Tuesday, 30 August 2011

Libyan justice minister promises Lockerbie inquiry

[This is the sub-heading over the lead story on the front page of today's Scottish edition of The Times. It does not appear on the newspaper's website. The article reads in part:]

Colonel Muammar Gaddafi will be given a public trial and executed in private by firing squad if caught and convicted of crimes against humanity, Libya's new Justice Minister told The Times yesterday.(...)

Mr [Mohammed] al-Alagi, a former head of Libya's Human Rights Association, complained that British and American politicians were putting unfair pressure on Libya's fledgling government to send the Lockerbie bomber back to Scotland, but promised to do all he could to reveal who was really responsible for Britain's worst terrorist outrage.

[Mr al-Alagi has already stated that Megrahi is innocent.

The first leader in The Times (behind the paywall) contains the following:]

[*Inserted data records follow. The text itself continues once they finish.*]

-- ===== src/ChachaPoly.antt =====
-- sshcrypto_cipher_chachapoly.c and crypto_verify_16.c. The memory of a call that works in place is
-- the list before it and what the primitive writes over its front.
pub mod Laws
pub mod Steady
pub mod Places
pub mod Sealed
pub mod Seals
pub mod Put
pub mod Puts
pub mod Opens
pub mod Forged
pub mod Deciphered
pub mod Authentic
pub mod Opened
pub mod Gets
pub mod RoundTrip
use tinyssh.Common.{
  ℕ, zero, suc, ◌+◌, ◌-◌, ◌*◌, ◌%◌, ◌^◌, List, [], ◌++◌, Bool, true, not, ◌==◌, ltb, leb,
  if◌then◌else◌, get_or, set, take, drop, Outcome, ok, proto, die_if, ◌>>=◌, ◌>>◌,
}
use Prim.Native.Nat.{bit_or, bit_xor}
use tinyssh.Bytes.{byte_copy, byte_move, byte_zero, purge, store_bigendian, load_bigendian}
use tinyssh.Bytes.Copy.{zeros}
use tinyssh.Chacha20.{crypto_stream_chacha20_xor}
use tinyssh.Buf.{Buf, buf_put, buf_putnum32, buf_putnum8, buf_putzerobytes, buf_putpadding}
use tinyssh.Packet.{Packet, Cipher, transport_packet_limit, packet_zerobytes}
use tinyssh.Packet.Plain.{store_at}

-- `sshcrypto_stream_xor` of a message, a nonce and a key; `sshcrypto_auth` of a message and a key;
-- what `randommod(2)` answers; and the keys of `struct packet`.
pub record Streams : Type 0 where
  pub stream_xor : List ℕ → List ℕ → List ℕ → List ℕ
  pub auth : List ℕ → List ℕ → List ℕ
  pub random : Packet → ℕ
  pub serverkey : List ℕ
  pub clientkey : List ℕ

-- `BB`, `AB` and `ZB`
abbrev pub block_bytes : ℕ
block_bytes = 8

abbrev pub auth_bytes : ℕ
auth_bytes = 16

abbrev pub zero_bytes : ℕ
zero_bytes = 60

-- `for (i = 0; i < 16; ++i) { d |= x[i] ^ y[i]; }`, with the rounds left.
unfoldable pub verify_loop : List ℕ → List ℕ → ℕ → ℕ → ℕ → ℕ
verify_loop x y i d zero = d
verify_loop x y i d (suc left) =
    verify_loop x y (i + 1) (bit_or d (bit_xor (get_or x i 0) (get_or y i 0))) left

-- Whether `crypto_verify_16` answers 0.
unfoldable pub crypto_verify_16 : List ℕ → List ℕ → Bool
unfolding verify_loop
crypto_verify_16 x y = verify_loop x y 0 0 16 == 0

-- The packet's number, in eight bytes.
unfoldable pub nonce : ℕ → List ℕ
nonce id = zeros 4 ++ store_bigendian id

-- `len` bytes at `at`, under the key stream, in place.
unfoldable pub xor_at : Streams → List ℕ → ℕ → ℕ → List ℕ → List ℕ → List ℕ
xor_at s m at len n key = byte_copy m at len (s.stream_xor (take len (drop at m)) n key)

-- The work on `sendbuf` behind the padding: the packet starts at `pos`.
unfoldable pub seal : Streams → Buf → ℕ → List ℕ → Buf
unfolding xor_at
seal s b pos n =
    let m = xor_at s b.mem pos (b.len - pos - auth_bytes) n s.serverkey in
    let m =
      byte_copy m (pos + zero_bytes) 4
        (store_bigendian ((b.len - pos - auth_bytes - 4 - zero_bytes) % 2 ^ 32)) in
    let m = xor_at s m (pos + zero_bytes) 4 n (drop 32 s.serverkey) in
    let tag =
      s.auth (take (b.len - auth_bytes - pos - zero_bytes) (drop (pos + zero_bytes) m))
        (take 32 (drop pos m)) in
    let m = byte_copy m (b.len - auth_bytes) auth_bytes tag in
    let m = byte_move m pos (b.len - pos - zero_bytes) (pos + zero_bytes) in
    record b { mem = purge m (b.len - zero_bytes) zero_bytes; len = b.len - zero_bytes }

-- `paddinglen`, a byte.
unfoldable pub sealed_padding : ℕ → ℕ → ℕ
sealed_padding n random =
    ((2 * block_bytes - n % block_bytes + 4) % 2 ^ 8 + random * block_bytes) % 2 ^ 8

unfoldable pub chachapoly_packet_put : Streams → Packet → Buf → Outcome Packet
unfolding seal sealed_padding nonce
chachapoly_packet_put s p b = do
  let pos = p.sendbuf.len
  c ← buf_putzerobytes p.sendbuf zero_bytes
  c ← buf_putnum32 c 0
  c ← buf_putnum8 c 0
  c ← buf_put c b.mem b.len
  let n = nonce p.sendpacketid
  let paddinglen = sealed_padding (c.len - pos - zero_bytes) (s.random p)
  c ← buf_putpadding c paddinglen
  let c = record c { mem = set c.mem (pos + zero_bytes + 4) paddinglen }
  c ← buf_putzerobytes c auth_bytes
  ok (record p { sendpacketid = (p.sendpacketid + 1) % 2 ^ 32; sendbuf = seal s c pos n })

-- The memory with the one-time key in its first 32 bytes.
unfoldable pub with_onetime_key : Streams → List ℕ → List ℕ → List ℕ
unfolding xor_at
with_onetime_key s m n = xor_at s (byte_zero m 0 32) 0 32 n s.clientkey

-- Whether the tag behind the packet is right.
unfoldable pub tag_matches : Streams → List ℕ → ℕ → Bool
unfolding crypto_verify_16
tag_matches s m length =
    crypto_verify_16 (s.auth (take (length + 4) (drop packet_zerobytes m)) (take 32 m))
      (drop (packet_zerobytes + length + 4) m)

-- The packet of `length` bytes, once it is all there.
unfoldable pub open_packet : Streams → Packet → Buf → ℕ → List ℕ → Outcome (Bool × Buf × Packet)
unfolding with_onetime_key tag_matches xor_at
open_packet s p b length n = do
  let r = p.recvbuf
  let m = with_onetime_key s r.mem n
  die_if (not (tag_matches s m length)) proto
  let m = xor_at s m 4 (length + packet_zerobytes) n s.clientkey
  let padding = get_or m (packet_zerobytes + 4) 0
  die_if (ltb padding 4) proto
  die_if (leb length (padding + 1)) proto
  b ← buf_put b (drop (packet_zerobytes + 5) m) (length - (padding + 1))
  let l = r.len - packet_zerobytes
  let all = length + auth_bytes + 4
  let m = byte_move m packet_zerobytes (l - all) (packet_zerobytes + all)
  let m = purge m (packet_zerobytes + (l - all)) all
  ok (
    true,
    b,
    record p {
      recvbuf = record r { mem = purge m 0 packet_zerobytes; len = r.len - all };
      receivepacketid = (p.receivepacketid + 1) % 2 ^ 32;
      packet_length = 0;
    },
  )

-- `packet.packet_length`, decrypted once.
unfoldable pub sealed_length : Streams → Packet → List ℕ → ℕ
sealed_length s p n =
    if p.packet_length == 0
    then load_bigendian
        (s.stream_xor (take 4 (drop packet_zerobytes p.recvbuf.mem)) n (drop 32 s.clientkey)) 0
    else p.packet_length

unfoldable pub chachapoly_packet_get : Streams → Packet → Buf → Outcome (Bool × Buf × Packet)
unfolding sealed_length open_packet nonce
chachapoly_packet_get s p b =
    if ltb (p.recvbuf.len - packet_zerobytes) 4
    then ok (true, b, record p { packet_length = 0 })
    else (do
      let n = nonce p.receivepacketid
      let length = sealed_length s p n
      die_if (ltb (transport_packet_limit - 4 - auth_bytes) length) proto
      if ltb (p.recvbuf.len - packet_zerobytes) (length + auth_bytes + 4)
          then ok (true, b, record p { packet_length = length })
          else open_packet s (record p { packet_length = length }) b length n)

-- The cipher's `stream_xor` is ChaCha20; the authenticator is a parameter.
abbrev pub chacha20_streams : (List ℕ → List ℕ → List ℕ) → (Packet → ℕ) → List ℕ → List ℕ → Streams
chacha20_streams auth random serverkey clientkey = record {
  stream_xor = crypto_stream_chacha20_xor;
  auth = auth;
  random = random;
  serverkey = serverkey;
  clientkey = clientkey;
}

-- What `sshcrypto_cipher_select` makes the transport use.
abbrev pub chachapoly : Streams → Cipher
chachapoly s = record { put = chachapoly_packet_put s; get = chachapoly_packet_get s }
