-- ===== src/Packet/Rounds.antt =====
-- The rounds of the loop of packet_get.c.
use tinyssh.Common.{
  ℕ, zero, suc, ◌+◌, ◌<◌, ◌≡◌, refl, sym, ap, ◌∙◌, die_if, Fault, receive_overflow, ltb, if-true,
  if-false, ◌≢◌, ◌⊎◌, inl, inr, Bool, true, false, arith, Outcome, ok, >>=-eq-ok, if◌then◌else◌,
  Bool-cases, ◌>>◌,
}
use tinyssh.Buf.{Buf, buf_purge}
use tinyssh.Packet.{Packet, Cipher}
use tinyssh.Packet.Plain.{packet_get_plain}
use tinyssh.Packet.Get.{packet_get_any, Got, unfinished, get_round, get_loop, packet_get}

-- What the loop needs of the cipher: a packet that it gives to an empty buffer comes off `recvbuf`.
abbrev pub Consumes : Cipher → Type 0
Consumes cipher =
    (p q : Packet) (b c : Buf) (more : Bool)
    → cipher.get p b ≡ ok (more, c, q)
    → b.len ≡ 0
    → (c.len ≡ 0) ⊎ (q.recvbuf.len < p.recvbuf.len)

pub get_plain-Consumes :
    (p q : Packet) (b c : Buf) (more : Bool)
    → packet_get_plain p b ≡ ok (more, c, q)
    → b.len ≡ 0
    → (c.len ≡ 0) ⊎ (q.recvbuf.len < p.recvbuf.len)
unfolding packet_get_plain
get_plain-Consumes p q b c more h e = ground (arith, h, e)

pub after_check {ℓ} :
    {A : Type ℓ} (t : Bool) (f : Fault) (x y : A) → (die_if t f >> ok x) ≡ ok y → x ≡ y
after_check true f x y h = absurd (cc)
after_check false f x y h = cc

fetched :
    (cipher : Cipher) (p q : Packet) (b c : Buf) (more : Bool)
    → Consumes cipher
    → (if p.flagkeys then cipher.get p b else packet_get_plain p b) ≡ ok (more, c, q)
    → b.len ≡ 0
    → (c.len ≡ 0) ⊎ (q.recvbuf.len < p.recvbuf.len)
fetched cipher p q b c more consumes h e = elim (Bool-cases p.flagkeys) [
  | inl keyed ↦
      consumes p q b c more (sym (if-true (cipher.get p b) (packet_get_plain p b) keyed) ∙ h) e
  | inr plain ↦
      get_plain-Consumes p q b c more
        (sym (if-false (cipher.get p b) (packet_get_plain p b) plain) ∙ h) e
]

get_any-Consumes :
    (cipher : Cipher) (p q : Packet) (b c : Buf) (more : Bool)
    → Consumes cipher
    → packet_get_any cipher p b ≡ ok (more, c, q)
    → b.len ≡ 0
    → (c.len ≡ 0) ⊎ (q.recvbuf.len < p.recvbuf.len)
unfolding packet_get_any
get_any-Consumes cipher p q b c more consumes h e =
    let (r, taken, checked) =
      >>=-eq-ok (if p.flagkeys then cipher.get p b else packet_get_plain p b) _ h in
    fetched cipher p q b c more consumes
      (taken
        ∙ ap ok (
            after_check (ltb (r.2).receivepacketid p.receivepacketid) receive_overflow r _ checked))
      e

buf_purge-empty : (b c : Buf) → buf_purge b ≡ ok c → c.len ≡ 0
unfolding buf_purge
buf_purge-empty b c h = ground (arith, h)

get_round-Consumes :
    (cipher : Cipher) (p q : Packet) (b c : Buf) (expected : ℕ) (got : Got)
    → Consumes cipher
    → get_round cipher p b expected ≡ ok (true, got, c, q)
    → q.recvbuf.len < p.recvbuf.len
unfolding get_round
get_round-Consumes cipher p q b c expected got consumes h =
    let (b₁, purged, rest) = >>=-eq-ok (buf_purge b) _ h in
    let ((more, b₂, p₂), taken, rest₂) = >>=-eq-ok (packet_get_any cipher p b₁) _ rest in
    ground (
      arith,
      rest₂,
      get_any-Consumes cipher p p₂ b₁ b₂ more consumes taken (buf_purge-empty b b₁ purged),
    )

round_answers :
    (cipher : Cipher) (p q : Packet) (b c : Buf) (expected : ℕ) (got : Got)
    → get_round cipher p b expected ≡ ok (false, got, c, q)
    → got ≢ unfinished
unfolding get_round
round_answers cipher p q b c expected got h =
    let (b₁, purged, rest) = >>=-eq-ok (buf_purge b) _ h in
    let ((more, b₂, p₂), taken, rest₂) = >>=-eq-ok (packet_get_any cipher p b₁) _ rest in
    ground (arith, rest₂)

either_way :
    (t : Bool) (x y z : Outcome Got)
    → (t ≡ true → x ≢ z)
    → (t ≡ false → y ≢ z)
    → elim t [ true ↦ x | false ↦ y ] ≢ z
either_way true x y z on off = on refl
either_way false x y z on off = off refl

get_loop-finishes :
    (cipher : Cipher) (fuel : ℕ) (p : Packet) (b : Buf) (expected : ℕ)
    → Consumes cipher
    → p.recvbuf.len < fuel
    → get_loop cipher fuel p b expected ≢ ok unfinished
unfolding get_loop
get_loop-finishes cipher zero p b expected consumes enough h = absurd (omega (arith, enough))
get_loop-finishes cipher (suc fuel) p b expected consumes enough h =
    let ((again, got, c, q), round, rest) = >>=-eq-ok (get_round cipher p b expected) _ h in
    either_way again (get_loop cipher fuel q c expected) (ok got) (ok unfinished)
      (λ on. get_loop-finishes cipher fuel q c expected consumes (
        omega (
          arith,
          enough,
          get_round-Consumes cipher p q b c expected got consumes
              (round ∙ ap (λ t. ok (t, got, c, q)) on),
        )))
      (λ off same.
        round_answers cipher p q b c expected got (round ∙ ap (λ t. ok (t, got, c, q)) off) (cc))
      rest

-- The loop of `packet_get` ends within its fuel, one round more than there are received bytes,
-- with every cipher that takes each packet it gives to an empty buffer off the received bytes:
-- the model's own answer for a loop without fuel does not occur.
pub packet_get-finishes :
    (cipher : Cipher) (p : Packet) (b : Buf) (expected : ℕ)
    → Consumes cipher
    → packet_get cipher p b expected ≢ ok unfinished
unfolding packet_get
packet_get-finishes cipher p b expected consumes =
    get_loop-finishes cipher (p.recvbuf.len + 1) p b expected consumes (omega arith)
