-- ===== src/Packet/Types.antt =====
-- The types of the packets that packet_get.c hands to its callers.
use tinyssh.Common.{
  ℕ, zero, suc, ◌+◌, ◌≡◌, refl, sym, ap, ◌∙◌, if-false, ◌≢◌, ◌⊎◌, Bool, true, false, arith, get_or,
  Outcome, ok, >>=-eq-ok, if◌then◌else◌, receive_overflow, ltb,
}
use tinyssh.Buf.{Buf, buf_purge}
use tinyssh.Msg
use tinyssh.Packet.{Packet, Cipher}
use tinyssh.Packet.Plain.{packet_get_plain}
use tinyssh.Packet.Get.{packet_get_any, Got, answer, get_round, get_loop, packet_get}
use tinyssh.Packet.Rounds.{after_check}

-- A packet that may be handed out: none at all, or one of a type that the transport does not treat
-- itself, which is the expected type, or SSH_MSG_NEWKEYS, or any type if none is expected.
pub record IsWanted (expected : ℕ) (c : Buf) : Type 0 where
  no_disconnect : get_or c.mem 0 0 ≢ Msg.disconnect
  no_ignore : get_or c.mem 0 0 ≢ Msg.ignore
  no_debug : get_or c.mem 0 0 ≢ Msg.debug
  kind : (expected ≡ 0) ⊎ ((get_or c.mem 0 0 ≡ expected) ⊎ (get_or c.mem 0 0 ≡ Msg.newkeys))

round_delivers :
    (cipher : Cipher) (p q s : Packet) (b c d : Buf) (expected : ℕ)
    → get_round cipher p b expected ≡ ok (false, answer true d s, c, q)
    → (d.len ≡ 0) ⊎ IsWanted expected d
unfolding get_round
round_delivers cipher p q s b c d expected h =
    let (b₁, purged, rest) = >>=-eq-ok (buf_purge b) _ h in
    let ((more, b₂, p₂), taken, rest₂) = >>=-eq-ok (packet_get_any cipher p b₁) _ rest in
    ground (arith, rest₂)

either_answer :
    {B : Type 0} (t : Bool) (x : Outcome Got) (g a : Got)
    → (t ≡ true → x ≡ ok a → B)
    → (t ≡ false → g ≡ a → B)
    → elim t [ true ↦ x | false ↦ ok g ] ≡ ok a
    → B
either_answer true x g a on off h = on refl h
either_answer false x g a on off h = off refl (cc)

loop_delivers :
    (cipher : Cipher) (fuel : ℕ) (p q : Packet) (b c : Buf) (expected : ℕ)
    → get_loop cipher fuel p b expected ≡ ok (answer true c q)
    → (c.len ≡ 0) ⊎ IsWanted expected c
unfolding get_loop
loop_delivers cipher zero p q b c expected h = absurd (cc)
loop_delivers cipher (suc fuel) p q b c expected h =
    let ((again, got, b₁, p₁), round, rest) = >>=-eq-ok (get_round cipher p b expected) _ h in
    either_answer again (get_loop cipher fuel p₁ b₁ expected) got (answer true c q)
      (λ on more. loop_delivers cipher fuel p₁ q b₁ c expected more)
      (λ off same.
        round_delivers cipher p p₁ q b b₁ c expected
          (round ∙ ap (λ t. ok (t, got, b₁, p₁)) off ∙ ap (λ g. ok (false, g, b₁, p₁)) same))
      rest

-- Where `packet_get` answers 1 with a packet that is not empty, it is not of the types
-- SSH_MSG_DISCONNECT, SSH_MSG_IGNORE and SSH_MSG_DEBUG, and it is of the type the caller expects,
-- if any, or SSH_MSG_NEWKEYS.
pub packet_get-IsWanted :
    (cipher : Cipher) (p q : Packet) (b c : Buf) (expected : ℕ)
    → packet_get cipher p b expected ≡ ok (answer true c q)
    → (c.len ≡ 0) ⊎ IsWanted expected c
unfolding packet_get
packet_get-IsWanted cipher p q b c expected h =
    loop_delivers cipher (p.recvbuf.len + 1) p q b c expected h

get_plain_keeps :
    (p q : Packet) (b c : Buf) (more : Bool)
    → packet_get_plain p b ≡ ok (more, c, q)
    → (q.flagkeys ≡ p.flagkeys) × (q.strict_kex ≡ p.strict_kex)
unfolding packet_get_plain
get_plain_keeps p q b c more h = ground (arith, h)

get_any_keeps :
    (cipher : Cipher) (p q : Packet) (b c : Buf) (more : Bool)
    → p.flagkeys ≡ false
    → packet_get_any cipher p b ≡ ok (more, c, q)
    → (q.flagkeys ≡ p.flagkeys) × (q.strict_kex ≡ p.strict_kex)
unfolding packet_get_any
get_any_keeps cipher p q b c more plain h =
    let (r, taken, checked) =
      >>=-eq-ok (if p.flagkeys then cipher.get p b else packet_get_plain p b) _ h in
    get_plain_keeps p q b c more (
      sym (if-false (cipher.get p b) (packet_get_plain p b) plain)
      ∙ taken
      ∙ ap ok
          (after_check (ltb (r.2).receivepacketid p.receivepacketid) receive_overflow r _ checked))

-- In a strict key exchange no packet is skipped before the keys are in use: a round of `packet_get`
-- that goes on with the next packet does not occur.
pub strict_kex_no_skip :
    (cipher : Cipher) (p q : Packet) (b c : Buf) (expected : ℕ) (got : Got)
    → p.flagkeys ≡ false
    → p.strict_kex ≡ true
    → get_round cipher p b expected ≢ ok (true, got, c, q)
unfolding get_round
strict_kex_no_skip cipher p q b c expected got plain strict h =
    let (b₁, purged, rest) = >>=-eq-ok (buf_purge b) _ h in
    let ((more, b₂, p₂), taken, rest₂) = >>=-eq-ok (packet_get_any cipher p b₁) _ rest in
    ground (arith, rest₂, plain, strict, get_any_keeps cipher p p₂ b₁ b₂ more plain taken)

We may never know whether pressure from the Libyan government, who made it repeatedly clear that it wanted al-Megrahi returned, played any part in the decision to grant compassionate release. But the timing of that decision could hardly have been worse, because it allowed the suspicion to fester, while denying the opportunity of allowing Scottish justice to run its course.

An appeal, which would have come before the Scottish courts some time early in 2010, would have examined all the outstanding evidence — of those who claimed that he was innocent on the one hand, and those who had secured his conviction on the other. When, in August 2009, al-Megrahi’s legal team announced unexpectedly that it was dropping his appeal, the idea inevitably grew that this was a condition of his release. The ill-advised visit paid to him in his prison cell by Kenny MacAskill, the Scottish Justice Miniser, fuelled that view. Ministers have denied, angrily and repeatedly, that there was any deal. But the doubts linger.

They will be bolstered by a comment made yesterday by Jim Swire, whose daughter died in the tragedy, but who has often repeated his long-held belief that al-Megrahi is innocent. He said, among other things: “This is a man who withdrew his appeal so that he could be allowed to die close to his family, and he deserves to be left in peace for his last days.”

A slip of the tongue? Or a hint that there was indeed a quid pro quo — that dropping the appeal was a condition of his release. Now that Gaddafi himself is on the run, and the transitional government has promised to re-examine the evidence, we may eventually learn more about the circumstances of al-Megrahi’s return, and whether the Libyan leader himself was involved in helping to secure it. In the meantime, we are left with a legacy of doubt, suspicion, rumour and innuendo. The fact that the Lockerbie bomber is now finally dying will do little to dispose of it.

1 comment:

  1. This sorry pathetic saga makes clear the servants riding horses are well represented in the fields of politics.

    No wonder people become cynical of authority and look for conspiracy motives.